The first effect is an increase in serotonin and norepinephrine in the synapses (remember, we said that α2-adrenoreceptors provide negative feedback and work as a "brake mechanism"?); the second is the reduction of unpleasant side effects of "serotonin": sexual disorders, insomnia and anxiety, nausea and vomiting, loss of appetite, anorexia.
A typical representative of this group is mirtazapin (“Remeron”), the structural formula of which is shown in the picture above.

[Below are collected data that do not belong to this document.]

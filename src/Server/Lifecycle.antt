-- ===== src/Server/Lifecycle.antt =====
-- internal/server/server.go: `Start`, `Stop`, and the channel that `Stop` closes.
use share_serial.Base.{
  ◌≡◌, refl, true, false, none, some, [], ◌++◌, Text, text_eq_iff, has, lookup, lookup-insert,
  arith, has-delete_self, text_eq_refl,
}
use share_serial.Arbiter
use share_serial.Arbiter.{Arbiter}
use share_serial.Arbiter.Exclusion.{holder, leave_lock}
use share_serial.Channel.{panics}
use share_serial.Server.{
  TcpServer, gone, start, stop, disconnect, broadcast_data, client_count, conns_of,
}

-- A second `Stop` does nothing. After `Start` and a first `Stop` of a server whose broadcast channel
-- is open, no client is left, every connection is closed, and `Broadcast` panics.
stop-start :
    (s : TcpServer) (a chunk : Text)
    → s.broadcast.closed ≡ false
    → (t : TcpServer) × (stop (start s (some a)).0 ≡ some t)
      × (stop t ≡ some t)
      × (client_count t ≡ 0)
      × (t.closed_conns ≡ conns_of s.clients ++ s.closed_conns)
      × (broadcast_data t chunk ≡ panics)
unfolding stop start broadcast_data client_count
stop-start s a chunk open_ = (
  record s {
    closed_conns = conns_of s.clients ++ s.closed_conns;
    clients = [];
    addr = a;
    listening = false;
    broadcast = record (s.broadcast) { closed = true };
    running = false;
  },
  ground arith,
  refl,
  refl,
  refl,
  refl,
)

-- The channel stays closed, so a server that was stopped can be started again, and its next `Stop`
-- panics: it closes the channel a second time.
restart_panics :
    (s t : TcpServer) (a b : Text)
    → stop (start s (some a)).0 ≡ some t
    → ((start t (some b)).1 ≡ true) × (stop (start t (some b)).0 ≡ none)
unfolding stop start
restart_panics s t a b e = (refl, ground arith)

-- A client whose `Read` fails is no longer connected, its handler has returned, and it does not hold
-- the lock, while another holder keeps it.
disconnect_frees :
    (s : TcpServer) (id : Text)
    → (has id (disconnect s id).clients ≡ false)
      × (lookup id (disconnect s id).handlers ≡ some gone)
      × (holder (disconnect s id).arbiter ≡ leave_lock (holder s.arbiter) id)
unfolding disconnect Arbiter.lock_owner Arbiter.force_release
disconnect_frees s id = (
  has-delete_self id s.clients,
  ground (arith, lookup-insert id id gone s.handlers, text_eq_refl id),
  ground (arith, text_eq_iff s.arbiter.owner id),
)
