-- ===== src/WindowsServer.antt =====
-- cmd/server-windows/main.go: `ConnectionMonitor`, which logs the server's state.
use share_serial.Base.{
  ℕ, ◌≡◌, Bool, true, false, not, Option, none, some, ltb, if◌then◌else◌, arith, ◌&&◌,
}
use share_serial.Server
use share_serial.Server.{TcpServer}

pub record ConnectionMonitor : Type 0 where
  pub running : Bool
  pub stop_closed : Bool
  pub returned : Bool

unfoldable new_connection_monitor : ConnectionMonitor
new_connection_monitor = record { running = false; stop_closed = false; returned = false }

unfoldable pub start : ConnectionMonitor → ConnectionMonitor
start m = record m { running = true; returned = false }

-- The number of clients and whether the write lock is held.
abbrev pub Status : Type 0
Status = ℕ × Bool

-- A tick of `monitorLoop`, with the status that it logs. `stopChan` ends the loop when it is chosen; the
-- flag tells whether the `select` chooses it, which it can once it is closed.
pub tick : ConnectionMonitor → TcpServer → Bool → ConnectionMonitor × Option Status
unfolding Server.client_count Server.has_write_lock
tick m s stop_chosen =
    if m.returned
    then (m, none)
    else if m.stop_closed && stop_chosen
    then (record m { returned = true }, none)
    else if not m.running
    then (record m { returned = true }, none)
    else if ltb 0 (Server.client_count s)
    then (m, some (Server.client_count s, Server.has_write_lock s))
    else (m, none)

-- `none` is the panic of a second `Stop`.
unfoldable pub stop : ConnectionMonitor → Option ConnectionMonitor
stop m = if m.stop_closed then none else some (record m { running = false; stop_closed = true })

-- After `Stop` the loop logs nothing more and returns, whichever case its `select` chooses.
stop-tick :
    (m n : ConnectionMonitor) (s : TcpServer) (stop_chosen : Bool)
    → stop m ≡ some n
    → ((tick n s stop_chosen).0.returned ≡ true) × ((tick n s stop_chosen).1 ≡ none)
unfolding tick stop
stop-tick m n s stop_chosen h = ground arith
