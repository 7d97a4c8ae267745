-- ===== src/Bsi/Compare/Low.antt =====
-- The number that the slices below a bit hold at a column.
use native.Mathlib.Nat.{pow-suc, add-zero}
use bitstar.Base.{
  ℕ, zero, suc, ◌+◌, ◌^◌, ◌≤◌, ◌<◌, ◌≡◌, refl, ap, ◌∙◌, List, [], ◌∷◌, arith, length, weight,
}
use bitstar.Roaring.{Roaring}
use bitstar.Bsi.Value.{slices_value}
use bitstar.Bsi.Compare.Defs.{slice_contains}

module _ (R : Roaring) where
  open R use {Bitmap}

  -- The weights of the first `n` slices, the first being that of bit `i`.
  low_from : ℕ → ℕ → ℕ → List Bitmap → ℕ
  low_from c i zero ss = 0
  low_from c i (suc n) ss = low_from c i n ss + weight (slice_contains R ss c n) (i + n)

  low_from-nil : (c i n : ℕ) → low_from c i n [] ≡ 0
  unfolding low_from
  low_from-nil c i zero = refl
  low_from-nil c i (suc n) = omega (arith, low_from-nil c i n)

  low_from-cons :
      (c i n : ℕ) (s : Bitmap) (ss : List Bitmap)
      → low_from c i (suc n) (s ∷ ss) ≡ weight (R.contains s c) i + low_from c (suc i) n ss
  unfolding low_from
  low_from-cons c i zero s ss = ground (arith, ap (λ t. 2 ^ t) (add-zero i))
  low_from-cons c i (suc n) s ss =
      ground (arith, low_from-cons c i n s ss, ap (λ t. 2 ^ t) (shift i n))
    where
      shift : (i n : ℕ) → i + suc n ≡ suc i + n
      shift i n = omega arith

  low_from_all :
      (c i n : ℕ) (ss : List Bitmap) → length ss ≤ n → low_from c i n ss ≡ slices_value R c i ss
  unfolding slices_value
  low_from_all c i n [] h = low_from-nil c i n
  low_from_all c i zero (s ∷ ss) h = absurd (omega arith)
  low_from_all c i (suc n) (s ∷ ss) h =
      low_from-cons c i n s ss
      ∙ ap (λ t. weight (R.contains s c) i + t) (low_from_all c (suc i) n ss (omega arith))

  -- The number that the slices below bit `n` hold at the column.
  unfoldable pub low : ℕ → ℕ → List Bitmap → ℕ
  low c zero ss = 0
  low c (suc n) ss = low c n ss + weight (slice_contains R ss c n) n

  low-eq-low_from : (c n : ℕ) (ss : List Bitmap) → low c n ss ≡ low_from c 0 n ss
  unfolding low low_from
  low-eq-low_from c zero ss = refl
  low-eq-low_from c (suc n) ss =
      ground (arith, low-eq-low_from c n ss, ap (λ t. 2 ^ t) (zero_plus n))
    where
      zero_plus : (n : ℕ) → 0 + n ≡ n
      zero_plus n = omega arith

  -- Below a bit that no slice reaches stands the whole value.
  pub low_all : (c n : ℕ) (ss : List Bitmap) → length ss ≤ n → low c n ss ≡ slices_value R c 0 ss
  low_all c n ss h = low-eq-low_from c n ss ∙ low_from_all c 0 n ss h

  pub low-lt : (c n : ℕ) (ss : List Bitmap) → low c n ss < 2 ^ n
  unfolding low
  low-lt c zero ss = omega arith
  low-lt c (suc n) ss = ground (arith, low-lt c n ss, pow-suc 2 n)
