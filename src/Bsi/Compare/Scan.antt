-- ===== src/Bsi/Compare/Scan.antt =====
-- The loop over the bits compares the numbers that the bits stand for.
use native.Mathlib.Nat.{mod-lt}
use bitstar.Base.{
  ℕ, zero, suc, ◌+◌, ◌%◌, ◌^◌, ◌<◌, ◌≡◌, refl, ap, sym, ◌∙◌, Bool, true, false, not, same, ◌&&◌,
  ◌||◌, List, arith, if◌then◌else◌, weight, bit, mod-pow-suc, compare, Ordering, pow_pos,
}
use bitstar.Roaring.{Roaring}
use bitstar.Bsi.Compare.Defs.{
  Bounds, Scan, scan, start_scan, slice_contains, is_range, is_below, is_above,
}
use bitstar.Bsi.Compare.Low.{low, low-lt}

-- The variables after the loop, for a comparison with one bound, when the column's low part is
-- below, equal to or above the bound's.
abbrev pub verdict : Bounds → Ordering → Scan
verdict t Ordering.eq = start_scan
verdict t Ordering.lt = record {
  eq1 = false;
  eq2 = true;
  lt1 = is_below t.op && (not t.start_is_negative || same t.start_is_negative t.is_negative);
  lt2 = false;
  gt1 = is_above t.op && (t.start_is_negative && not t.is_negative);
}
verdict t Ordering.gt = record {
  eq1 = false;
  eq2 = true;
  lt1 = is_below t.op && (t.is_negative && not t.start_is_negative);
  lt2 = false;
  gt1 = is_above t.op && (t.start_is_negative || same t.start_is_negative t.is_negative);
}

-- The top bits decide the comparison unless they agree.
abbrev top_first : Bool → Bool → Ordering → Ordering
top_first true true o = o
top_first true false o = Ordering.gt
top_first false true o = Ordering.lt
top_first false false o = o

compare-top :
    (here there : Bool) (n a v : ℕ)
    → a < 2 ^ n
    → v < 2 ^ n
    → compare (a + weight here n) (v + weight there n) ≡ top_first here there (compare a v)
compare-top true true n a v ha hv = ground arith
compare-top true false n a v ha hv = ground arith
compare-top false true n a v ha hv = ground arith
compare-top false false n a v ha hv = ground arith

module _ (R : Roaring) (t : Bounds) (one_bound : is_range t.op ≡ false) where
  open R use {Bitmap}

  -- One round from the start leaves the verdict of the top bits, or the start.
  scan-suc :
      (slices : List Bitmap) (c n : ℕ)
      → scan R t slices c (suc n) start_scan ≡ (
          if bit t.comp_start_value n
          then if slice_contains R slices c n
            then scan R t slices c n start_scan
            else verdict t Ordering.lt
          else if slice_contains R slices c n
          then verdict t Ordering.gt
          else scan R t slices c n start_scan)
  unfolding scan
  scan-suc slices c n = ground arith

  pub scan-verdict :
      (slices : List Bitmap) (c n : ℕ)
      → scan R t slices c n start_scan
        ≡ verdict t (compare (low R c n slices) (t.comp_start_value % 2 ^ n))
  scan-verdict slices c zero =
      let no_bits : t.comp_start_value % 2 ^ 0 ≡ 0 = omega arith in
      rw no_bits (unfold scan low in refl)
  scan-verdict slices c (suc n) =
      scan-suc slices c n
      ∙ decide (slice_contains R slices c n) (bit t.comp_start_value n) _ (scan-verdict slices c n)
      ∙ ap (verdict t) (sym whole)
    where
      decide :
          (here there : Bool) (o : Ordering) {r : Scan}
          → r ≡ verdict t o
          → (if there
              then if here then r else verdict t Ordering.lt
              else if here
              then verdict t Ordering.gt
              else r)
            ≡ verdict t (top_first here there o)
      decide true true o h = h
      decide true false o h = refl
      decide false true o h = refl
      decide false false o h = h

      whole :
          compare (low R c (suc n) slices) (t.comp_start_value % 2 ^ suc n)
          ≡ top_first
              (slice_contains R slices c n)
              (bit t.comp_start_value n)
              (compare (low R c n slices) (t.comp_start_value % 2 ^ n))
      whole = rw (mod-pow-suc t.comp_start_value n) (
          unfold low in
          compare-top (slice_contains R slices c n) (bit t.comp_start_value n) n (low R c n slices)
            (t.comp_start_value % 2 ^ n) (low-lt R c n slices)
            (mod-lt t.comp_start_value (pow_pos n)))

Antipsychotics for augmentation
We talked about antipsychotics in some detail in the previous section, but here it is worth mentioning that some atypics [22,23] (for example, amisulpride) are successfully used for treating depression - in monotherapy or in combination with antidepressants.
The mechanism of action is simple: an antipsychotic blocking presynaptic dopamine D2 and D3 autoreceptors (i.e., negative feedback receptors), thereby potentiating the increase in dopamine release into the synaptic cleft.
Nsi-189
The latest antidepressant, not yet released to the market. It has a very interesting mechanism of action: it does not inhibit reuptake, does not block receptors, but triggers the mechanisms of neurogeneration in the hippocampus [24] - an area of ​​the limbic system that responds including. for the formation of emotions, the consolidation of memory and the generation of theta rhythms while maintaining attention: The
specific mechanism of the antidepressant effect of this drug is not yet known, but it exists.
Personal experience
As always, I want to finish the post by describing an unverifiable and obviously non-indicative personal experience of taking antidepressants.
There will be no references to sources, purely subjective experience.